Work order. Show each line from the records below in which the word "resolved" occurs.

Dataset entries.
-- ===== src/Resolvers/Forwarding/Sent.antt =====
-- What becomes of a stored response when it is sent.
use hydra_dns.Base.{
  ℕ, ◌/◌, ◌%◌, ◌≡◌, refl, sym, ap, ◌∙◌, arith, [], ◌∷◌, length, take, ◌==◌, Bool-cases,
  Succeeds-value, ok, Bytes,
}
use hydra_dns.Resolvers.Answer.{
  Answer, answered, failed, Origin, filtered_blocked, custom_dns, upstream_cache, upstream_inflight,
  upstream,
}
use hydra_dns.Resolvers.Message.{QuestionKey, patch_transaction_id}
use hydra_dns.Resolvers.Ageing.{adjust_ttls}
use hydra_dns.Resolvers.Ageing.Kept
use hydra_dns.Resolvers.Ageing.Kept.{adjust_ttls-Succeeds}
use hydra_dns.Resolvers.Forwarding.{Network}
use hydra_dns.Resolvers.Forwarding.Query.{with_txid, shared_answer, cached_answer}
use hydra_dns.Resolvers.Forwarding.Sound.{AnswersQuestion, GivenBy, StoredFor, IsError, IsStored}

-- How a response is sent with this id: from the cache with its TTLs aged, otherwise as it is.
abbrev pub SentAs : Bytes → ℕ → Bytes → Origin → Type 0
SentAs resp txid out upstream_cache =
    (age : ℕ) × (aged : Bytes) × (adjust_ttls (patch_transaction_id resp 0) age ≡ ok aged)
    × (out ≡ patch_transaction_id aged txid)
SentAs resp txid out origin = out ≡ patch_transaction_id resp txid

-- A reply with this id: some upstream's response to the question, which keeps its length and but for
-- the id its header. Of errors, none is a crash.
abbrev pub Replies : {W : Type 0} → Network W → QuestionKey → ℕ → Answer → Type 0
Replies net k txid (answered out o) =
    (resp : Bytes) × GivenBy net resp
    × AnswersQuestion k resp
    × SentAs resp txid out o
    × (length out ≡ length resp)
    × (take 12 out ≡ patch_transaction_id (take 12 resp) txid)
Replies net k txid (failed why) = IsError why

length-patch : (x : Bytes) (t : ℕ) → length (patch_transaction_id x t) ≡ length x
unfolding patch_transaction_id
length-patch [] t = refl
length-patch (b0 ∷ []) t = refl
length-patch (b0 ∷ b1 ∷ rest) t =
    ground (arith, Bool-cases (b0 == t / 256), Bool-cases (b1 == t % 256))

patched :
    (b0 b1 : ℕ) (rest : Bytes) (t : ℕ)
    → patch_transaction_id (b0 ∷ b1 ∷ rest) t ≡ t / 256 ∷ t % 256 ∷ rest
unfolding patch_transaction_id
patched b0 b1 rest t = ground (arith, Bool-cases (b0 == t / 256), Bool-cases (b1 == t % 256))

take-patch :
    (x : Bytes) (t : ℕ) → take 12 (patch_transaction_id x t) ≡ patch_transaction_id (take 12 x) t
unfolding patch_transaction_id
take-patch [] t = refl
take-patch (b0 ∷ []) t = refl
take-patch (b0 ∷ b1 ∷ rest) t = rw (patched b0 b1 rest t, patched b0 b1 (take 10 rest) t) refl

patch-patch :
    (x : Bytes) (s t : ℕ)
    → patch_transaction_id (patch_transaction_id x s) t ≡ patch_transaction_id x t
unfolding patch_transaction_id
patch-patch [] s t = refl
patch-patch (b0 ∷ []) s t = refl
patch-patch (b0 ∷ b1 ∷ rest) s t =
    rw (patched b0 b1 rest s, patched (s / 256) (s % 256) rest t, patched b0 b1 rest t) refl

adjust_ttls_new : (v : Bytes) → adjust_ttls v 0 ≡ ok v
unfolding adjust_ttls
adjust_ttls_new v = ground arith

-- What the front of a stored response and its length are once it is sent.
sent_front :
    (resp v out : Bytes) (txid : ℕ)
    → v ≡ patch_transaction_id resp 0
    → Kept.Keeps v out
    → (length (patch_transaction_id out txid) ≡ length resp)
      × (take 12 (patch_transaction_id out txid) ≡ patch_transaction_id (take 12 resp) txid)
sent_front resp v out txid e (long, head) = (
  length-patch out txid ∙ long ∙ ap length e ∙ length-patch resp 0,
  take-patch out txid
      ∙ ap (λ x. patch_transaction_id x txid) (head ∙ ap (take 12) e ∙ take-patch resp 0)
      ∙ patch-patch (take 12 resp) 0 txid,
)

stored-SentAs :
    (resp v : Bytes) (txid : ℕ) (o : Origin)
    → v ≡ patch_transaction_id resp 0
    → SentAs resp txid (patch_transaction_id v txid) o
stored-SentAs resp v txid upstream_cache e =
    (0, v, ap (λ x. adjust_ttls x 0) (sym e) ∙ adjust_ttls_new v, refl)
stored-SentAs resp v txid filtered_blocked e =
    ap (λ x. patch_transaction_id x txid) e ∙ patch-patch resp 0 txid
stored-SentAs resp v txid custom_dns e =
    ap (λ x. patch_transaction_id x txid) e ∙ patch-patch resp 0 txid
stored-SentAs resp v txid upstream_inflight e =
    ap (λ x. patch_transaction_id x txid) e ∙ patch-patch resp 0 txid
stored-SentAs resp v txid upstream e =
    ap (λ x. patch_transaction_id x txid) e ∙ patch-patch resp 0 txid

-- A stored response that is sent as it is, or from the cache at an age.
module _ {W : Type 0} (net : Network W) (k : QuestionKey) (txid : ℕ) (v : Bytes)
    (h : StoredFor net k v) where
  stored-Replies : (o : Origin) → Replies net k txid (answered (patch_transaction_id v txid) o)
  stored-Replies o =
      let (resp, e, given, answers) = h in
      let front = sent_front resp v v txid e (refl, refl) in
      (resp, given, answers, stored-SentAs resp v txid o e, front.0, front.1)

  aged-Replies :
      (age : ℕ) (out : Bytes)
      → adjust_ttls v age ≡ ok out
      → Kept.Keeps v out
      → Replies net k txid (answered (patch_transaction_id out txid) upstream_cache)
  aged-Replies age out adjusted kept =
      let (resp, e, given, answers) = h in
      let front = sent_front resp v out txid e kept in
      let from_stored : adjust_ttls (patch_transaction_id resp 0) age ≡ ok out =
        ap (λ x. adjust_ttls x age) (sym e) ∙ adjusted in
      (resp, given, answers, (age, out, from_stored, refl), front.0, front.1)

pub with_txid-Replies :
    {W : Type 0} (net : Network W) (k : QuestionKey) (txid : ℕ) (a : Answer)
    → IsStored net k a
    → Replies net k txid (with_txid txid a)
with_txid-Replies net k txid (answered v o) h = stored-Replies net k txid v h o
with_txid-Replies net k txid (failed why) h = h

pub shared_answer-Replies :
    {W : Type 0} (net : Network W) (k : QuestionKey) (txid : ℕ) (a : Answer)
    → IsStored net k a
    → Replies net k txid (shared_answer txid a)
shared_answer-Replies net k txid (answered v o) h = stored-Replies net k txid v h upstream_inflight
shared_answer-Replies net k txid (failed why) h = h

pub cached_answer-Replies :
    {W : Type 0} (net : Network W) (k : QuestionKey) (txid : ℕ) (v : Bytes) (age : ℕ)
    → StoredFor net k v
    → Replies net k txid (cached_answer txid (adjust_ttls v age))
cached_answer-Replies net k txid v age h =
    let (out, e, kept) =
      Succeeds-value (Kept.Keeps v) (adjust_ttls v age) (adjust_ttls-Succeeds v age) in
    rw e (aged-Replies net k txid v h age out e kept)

---

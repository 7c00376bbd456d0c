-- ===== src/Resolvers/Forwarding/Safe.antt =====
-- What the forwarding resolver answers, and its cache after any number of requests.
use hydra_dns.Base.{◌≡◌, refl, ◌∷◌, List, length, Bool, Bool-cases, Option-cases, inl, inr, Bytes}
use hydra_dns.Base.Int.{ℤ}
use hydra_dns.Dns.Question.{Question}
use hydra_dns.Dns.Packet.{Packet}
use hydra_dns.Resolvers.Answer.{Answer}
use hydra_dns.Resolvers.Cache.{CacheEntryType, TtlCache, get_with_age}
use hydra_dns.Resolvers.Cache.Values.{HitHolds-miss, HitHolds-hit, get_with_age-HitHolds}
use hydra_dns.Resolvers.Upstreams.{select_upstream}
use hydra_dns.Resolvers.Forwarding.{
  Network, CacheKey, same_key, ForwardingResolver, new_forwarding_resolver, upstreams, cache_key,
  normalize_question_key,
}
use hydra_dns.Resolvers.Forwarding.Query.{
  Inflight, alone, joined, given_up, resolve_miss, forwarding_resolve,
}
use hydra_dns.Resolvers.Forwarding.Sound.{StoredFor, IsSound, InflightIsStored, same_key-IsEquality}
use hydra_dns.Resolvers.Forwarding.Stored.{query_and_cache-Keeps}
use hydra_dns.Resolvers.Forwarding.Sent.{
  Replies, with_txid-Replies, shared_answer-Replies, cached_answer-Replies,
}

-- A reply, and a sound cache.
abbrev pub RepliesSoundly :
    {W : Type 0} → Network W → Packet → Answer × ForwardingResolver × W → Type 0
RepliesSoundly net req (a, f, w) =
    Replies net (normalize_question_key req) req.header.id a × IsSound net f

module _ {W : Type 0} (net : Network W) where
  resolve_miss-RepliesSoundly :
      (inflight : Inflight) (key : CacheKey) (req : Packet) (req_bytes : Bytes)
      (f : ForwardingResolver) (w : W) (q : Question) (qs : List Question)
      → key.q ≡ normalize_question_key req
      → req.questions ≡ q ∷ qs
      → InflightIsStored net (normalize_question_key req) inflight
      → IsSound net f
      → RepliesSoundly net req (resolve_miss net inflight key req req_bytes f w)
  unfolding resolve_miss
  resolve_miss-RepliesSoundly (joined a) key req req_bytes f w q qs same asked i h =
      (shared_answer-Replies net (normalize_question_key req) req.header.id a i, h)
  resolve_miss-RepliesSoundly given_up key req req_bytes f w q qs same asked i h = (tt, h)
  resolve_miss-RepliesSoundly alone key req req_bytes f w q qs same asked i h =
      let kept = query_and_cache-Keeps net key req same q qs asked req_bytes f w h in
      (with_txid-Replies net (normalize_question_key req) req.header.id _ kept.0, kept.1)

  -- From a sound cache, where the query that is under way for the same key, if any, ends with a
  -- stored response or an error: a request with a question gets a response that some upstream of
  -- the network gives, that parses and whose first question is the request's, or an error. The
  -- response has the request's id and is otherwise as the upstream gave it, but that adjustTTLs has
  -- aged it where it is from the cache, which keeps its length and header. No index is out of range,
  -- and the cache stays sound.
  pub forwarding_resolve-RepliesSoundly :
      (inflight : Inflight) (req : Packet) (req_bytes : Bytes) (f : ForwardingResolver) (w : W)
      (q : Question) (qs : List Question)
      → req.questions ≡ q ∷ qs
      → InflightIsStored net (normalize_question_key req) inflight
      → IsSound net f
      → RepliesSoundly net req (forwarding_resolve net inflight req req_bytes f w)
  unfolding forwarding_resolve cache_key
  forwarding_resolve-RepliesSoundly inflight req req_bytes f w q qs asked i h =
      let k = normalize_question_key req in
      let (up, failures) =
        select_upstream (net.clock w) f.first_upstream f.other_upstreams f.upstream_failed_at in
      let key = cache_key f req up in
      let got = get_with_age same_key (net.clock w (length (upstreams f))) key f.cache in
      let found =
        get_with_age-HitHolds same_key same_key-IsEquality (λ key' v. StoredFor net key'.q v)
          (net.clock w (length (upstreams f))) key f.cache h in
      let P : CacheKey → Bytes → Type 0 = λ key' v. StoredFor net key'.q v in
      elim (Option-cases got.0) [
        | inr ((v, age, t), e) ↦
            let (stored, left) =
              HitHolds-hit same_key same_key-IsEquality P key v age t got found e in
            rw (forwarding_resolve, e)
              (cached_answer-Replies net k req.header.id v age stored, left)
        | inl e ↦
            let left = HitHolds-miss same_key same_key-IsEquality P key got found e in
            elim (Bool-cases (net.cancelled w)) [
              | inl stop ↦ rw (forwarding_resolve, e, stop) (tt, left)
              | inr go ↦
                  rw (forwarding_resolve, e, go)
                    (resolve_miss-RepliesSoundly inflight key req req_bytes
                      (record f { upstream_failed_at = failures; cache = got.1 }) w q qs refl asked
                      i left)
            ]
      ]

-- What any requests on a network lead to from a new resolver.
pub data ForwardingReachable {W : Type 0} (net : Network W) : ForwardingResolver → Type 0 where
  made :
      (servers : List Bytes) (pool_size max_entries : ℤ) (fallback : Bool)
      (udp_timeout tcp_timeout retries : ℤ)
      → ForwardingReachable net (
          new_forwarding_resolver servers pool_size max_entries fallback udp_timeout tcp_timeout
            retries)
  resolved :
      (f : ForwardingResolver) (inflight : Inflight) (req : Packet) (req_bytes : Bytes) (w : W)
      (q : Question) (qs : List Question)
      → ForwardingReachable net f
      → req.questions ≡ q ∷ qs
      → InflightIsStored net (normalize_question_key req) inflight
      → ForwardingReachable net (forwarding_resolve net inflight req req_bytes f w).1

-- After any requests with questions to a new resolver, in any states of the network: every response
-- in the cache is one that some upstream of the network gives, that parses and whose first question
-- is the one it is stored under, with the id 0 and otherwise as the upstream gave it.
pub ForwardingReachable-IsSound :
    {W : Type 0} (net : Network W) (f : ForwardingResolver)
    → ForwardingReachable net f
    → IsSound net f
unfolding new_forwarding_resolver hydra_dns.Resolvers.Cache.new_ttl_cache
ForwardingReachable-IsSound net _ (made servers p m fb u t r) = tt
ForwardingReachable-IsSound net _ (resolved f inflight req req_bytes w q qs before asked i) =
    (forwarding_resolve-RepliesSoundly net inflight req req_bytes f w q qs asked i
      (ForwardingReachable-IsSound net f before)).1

Answer box.
  resolved :
ForwardingReachable-IsSound net _ (resolved f inflight req req_bytes w q qs before asked i) =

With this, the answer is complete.